I hiss indignantly, “How, pray, do you know these things?” He flicks my hood back, revealing my short dark hair—almost shorn, but the curls fall too soft. His eyes scan my street clothes.
“Bella,” he calls me.
“That’s not my name. How do you know me?” My brows scrunch in irritation, and his cat ways.
“A lady yer size is hard to miss.”
“Why you—” This time, I strike at him. My height always marked me, letting me pass as a man. I raise my fist, but his is faster, hotter. Flame flashes between us. His strange honey eyes look gold for an instant. A fire mage, no less. Dangerous, powerful, reckless in those boyish eyes, guilds watched for the four pillars like hawks. My feet react, wanting to stamp it out, then I almost scream. For a sick moment, I think I’m dead. His filthy hand clamps my mouth; his other grips my head. I brace for burning, but feel nothing. So I bite hard, tasting blood.
“Gods Almighty!” he hisses. He doesn’t let go. “I won’t hurt ya, I’d have done it by now. Farley.”
He speaks my real name. My eyes dart to his wounded hand as his face draws close. His elbow has crushed the bread beneath my cloak. Jaw tight, the rest of me relaxes. He removes his hand and wraps it with a dirty cloth from his belt.
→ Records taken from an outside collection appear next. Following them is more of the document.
-- ===== src/Wallets/Registry.antt =====
-- src/agent_wallet/mod.rs: `get_or_create` and what it calls.
use agent_execution_platform.Prelude.{
  ℕ, Option, none, some, List, [], ◌∷◌, ◌++◌, take, drop, length, ltb, true, false,
}
use agent_execution_platform.Prelude.Text.{Text}
use agent_execution_platform.Prelude.Results.{Result, ok, err, or_err, map_err}
use agent_execution_platform.Prelude.Actions.{Action, pure, lift, raise_as, ◌>>=◌, ◌>>◌}
use agent_execution_platform.Service.{Service}
use agent_execution_platform.Crates.{Hex, U256, Ethers, Provider, address, uint}
use agent_execution_platform.Wallets.{
  AgentWalletRow, AgentWallet, Statement, select_wallet, insert_wallet, Answer, row, done,
  wallet_apply, namespaced,
}
use agent_execution_platform.Wallets.Ciphers.{Cipher, CipherError, encrypt_key_hex}

pub data WalletError : Type 0 where
  connection unexpected_answer corrupt_address short_reply invalid_private_key : WalletError
  signing_failed invalid_hex wrong_key_length : WalletError
  factory_call : Text → WalletError
  cipher_failed : CipherError → WalletError

-- The draws from the random number generators: a private key, a nonce and a `Uuid`.
pub record Draws (N : Type 0) : Type 0 where
  pub new_key : N → List ℕ × N
  pub new_nonce : N → List ℕ × N
  pub new_uuid : N → ℕ × N

-- The state of the database and that of the node and the generators.
pub record Store (D N : Type 0) : Type 0 where
  pub db : D
  pub net : N

-- `pub struct AgentWalletRegistry`, with the crates that its methods call.
pub record AgentWalletRegistry (D N : Type 0) : Type 0 where
  pub db_pool : Service wallet_apply D
  pub encryption_key : List ℕ
  pub factory_address : List ℕ
  pub provider : Provider N
  pub hex : Hex
  pub u256 : U256
  pub eth : Ethers u256
  pub cipher : Cipher
  pub draws : Draws N
  pub uuid_text : ℕ → Text
  -- The address of a private key.
  pub address_of_key : List ℕ → List ℕ
  -- `LocalWallet::from_str` and `sign_hash`.
  pub parse_key : Text → Option (List ℕ)
  pub sign_hash : List ℕ → List ℕ → Option (List ℕ)

abbrev pub or_fresh : AgentWallet → Option AgentWallet → AgentWallet
or_fresh fresh none = fresh
or_fresh fresh (some existing) = existing

module _ {D N : Type 0} (reg : AgentWalletRegistry D N) where
  abbrev in_net : {A : Type 0} → Action N WalletError A → Action (Store D N) WalletError A
  in_net m w = let (r, n) = m w.net in (r, record w { net = n })

  abbrev draw : {A : Type 0} → (N → A × N) → Action (Store D N) WalletError A
  draw f w = let (a, n) = f w.net in (ok a, record w { net = n })

  unfoldable pub execute : Statement → Action (Store D N) WalletError Answer
  execute c w = let (o, d) = reg.db_pool.call c w.db in (or_err o connection, record w { db = d })

  abbrev pub wallet_of : AgentWalletRow → Result WalletError AgentWallet
  wallet_of r =
      let eoa = or_err (reg.eth.parse_address r.eoa_address) corrupt_address in
      let smart = or_err (reg.eth.parse_address r.smart_wallet_address) corrupt_address in
      elim eoa [
        | err e ↦ err e
        | ok eoa_address ↦ elim smart [
          | err e ↦ err e
          | ok smart_wallet_address ↦ ok (record {
            id = r.id;
            api_key_id = r.api_key_id;
            agent_id = r.agent_id;
            namespaced_id = r.namespaced_id;
            eoa_address = eoa_address;
            smart_wallet_address = smart_wallet_address;
            signing_key_encrypted = r.signing_key_encrypted;
          })
        ]
      ]

  abbrev pub loaded : Answer → Result WalletError (Option AgentWallet)
  loaded (row none) = ok none
  loaded (row (some r)) = elim (wallet_of r) [ ok w ↦ ok (some w) | err e ↦ err e ]
  loaded done = err unexpected_answer

  unfoldable pub load_wallet : Text → Action (Store D N) WalletError (Option AgentWallet)
  load_wallet namespaced_id = do a ← execute (select_wallet namespaced_id); lift (loaded a)

  -- The address is the last twenty bytes of the first word.
  abbrev address_in : List ℕ → Result WalletError (List ℕ)
  address_in reply = elim (ltb (length reply) 32) [
    | true ↦ err short_reply
    | false ↦ ok (drop 12 (take 32 reply))
  ]

  unfoldable pub compute_smart_wallet_address_with :
      Provider N → List ℕ → List ℕ → Action N WalletError (List ℕ)
  compute_smart_wallet_address_with node factory owner = do
    reply ← raise_as factory_call (
        node.call (record {
          from = none;
          to = factory;
          calldata =
              (0x8c ∷ 0xb8 ∷ 0x4e ∷ 0x18 ∷ [])
              ++ reg.eth.encode_tokens (address owner ∷ uint 0 ∷ []);
          value = none;
        }))
    lift (address_in reply)

  abbrev pub compute_smart_wallet_address : List ℕ → Action N WalletError (List ℕ)
  compute_smart_wallet_address owner =
      compute_smart_wallet_address_with reg.provider reg.factory_address owner

  -- The row of a fresh wallet: its key is drawn, and its address asked for at the factory.
  unfoldable pub fresh_row :
      ℕ → Text → Text → Action (Store D N) WalletError (AgentWalletRow × AgentWallet)
  fresh_row api_key_id agent_id namespaced_id = do
    signing_key ← draw reg.draws.new_key
    let eoa_address = reg.address_of_key signing_key
    smart_wallet_address ← in_net (compute_smart_wallet_address eoa_address)
    nonce ← draw reg.draws.new_nonce
    encrypted ← lift (
        map_err cipher_failed
          (encrypt_key_hex reg.cipher reg.encryption_key nonce (reg.hex.encode signing_key)))
    wallet_id ← draw reg.draws.new_uuid
    pure (
      record {
        id = wallet_id;
        api_key_id = api_key_id;
        agent_id = agent_id;
        namespaced_id = namespaced_id;
        signing_key_encrypted = encrypted;
        eoa_address = reg.eth.print_address eoa_address;
        smart_wallet_address = reg.eth.print_address smart_wallet_address;
      },
      record {
        id = wallet_id;
        api_key_id = api_key_id;
        agent_id = agent_id;
        namespaced_id = namespaced_id;
        eoa_address = eoa_address;
        smart_wallet_address = smart_wallet_address;
        signing_key_encrypted = encrypted;
      },
    )

  -- The insert does nothing if another request was faster, and then its wallet is answered.
  unfoldable pub store_row :
      AgentWalletRow → AgentWallet → Action (Store D N) WalletError AgentWallet
  store_row r fresh = do
    execute (insert_wallet r)
    found ← load_wallet r.namespaced_id
    pure (or_fresh fresh found)

  unfoldable pub provision_wallet : ℕ → Text → Text → Action (Store D N) WalletError AgentWallet
  provision_wallet api_key_id agent_id namespaced_id = do
    (r, fresh) ← fresh_row api_key_id agent_id namespaced_id
    store_row r fresh

  abbrev pub found_or_new :
      ℕ → Text → Text → Option AgentWallet → Action (Store D N) WalletError AgentWallet
  found_or_new api_key_id agent_id namespaced_id (some wallet) = pure wallet
  found_or_new api_key_id agent_id namespaced_id none =
      provision_wallet api_key_id agent_id namespaced_id

  unfoldable pub get_or_create : ℕ → Text → Action (Store D N) WalletError AgentWallet
  get_or_create api_key_id agent_id = do
    let namespaced_id = namespaced reg.uuid_text api_key_id agent_id
    found ← load_wallet namespaced_id
    found_or_new api_key_id agent_id namespaced_id found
“Yer a right hellcat.” He mutters and looks angry, at least now. “Guess one has to pay for the pleasantries with your kind.”
“MY kind? They’re hunting you, not thieves. Unguilded.” The last word nearly spits out as profanity. All mages must join a guild or face death. “Who are you?”
“Duarte, at your fiery service, lady of the night,” he mocks, then pulls and rips under my cloak, as fury and surprise surge in me again as he takes half the loaf of bread under my nose.
“Why you-” I repeat and flex my hand again.
“Run.” He says suddenly, with a hard look.
“What?” My brows furrow again, and my mouth goes slack at his turn of tone.
“Run, my lady. Where there's smoke, there’s fire.” He smiles wildly, not even what I would call handsome, but it’s the blazing arrogance as the refuse pile by us bursts into flames. I don’t look back as I scrabble out the other side of the small hole. “St. Vincent’s!” I hear a call, but I ignore it as I pull my hood up, slip out onto the opposite street, take large strides, masculine strides, fast, hard. To the alley opposite, then down another busy street, as the guards go, chasing the smell of burning waste.
I make my way through the streets. Finally, reaching the tenements. The noise of the place accosts first, cursing, a drunken fight, the splashing of waste buckets, children playing or wailing, the repetitive prayers of the elderly to angels who seem closer now, with glassy eyes fixed on something far beyond this hellish, loud, and utterly true cacophony of life. The stench hits next, a wall of fetid waste, soup, and unwashed bodies as I negotiate my way up, stepping free of puddles as I ascend the stairs to the third level.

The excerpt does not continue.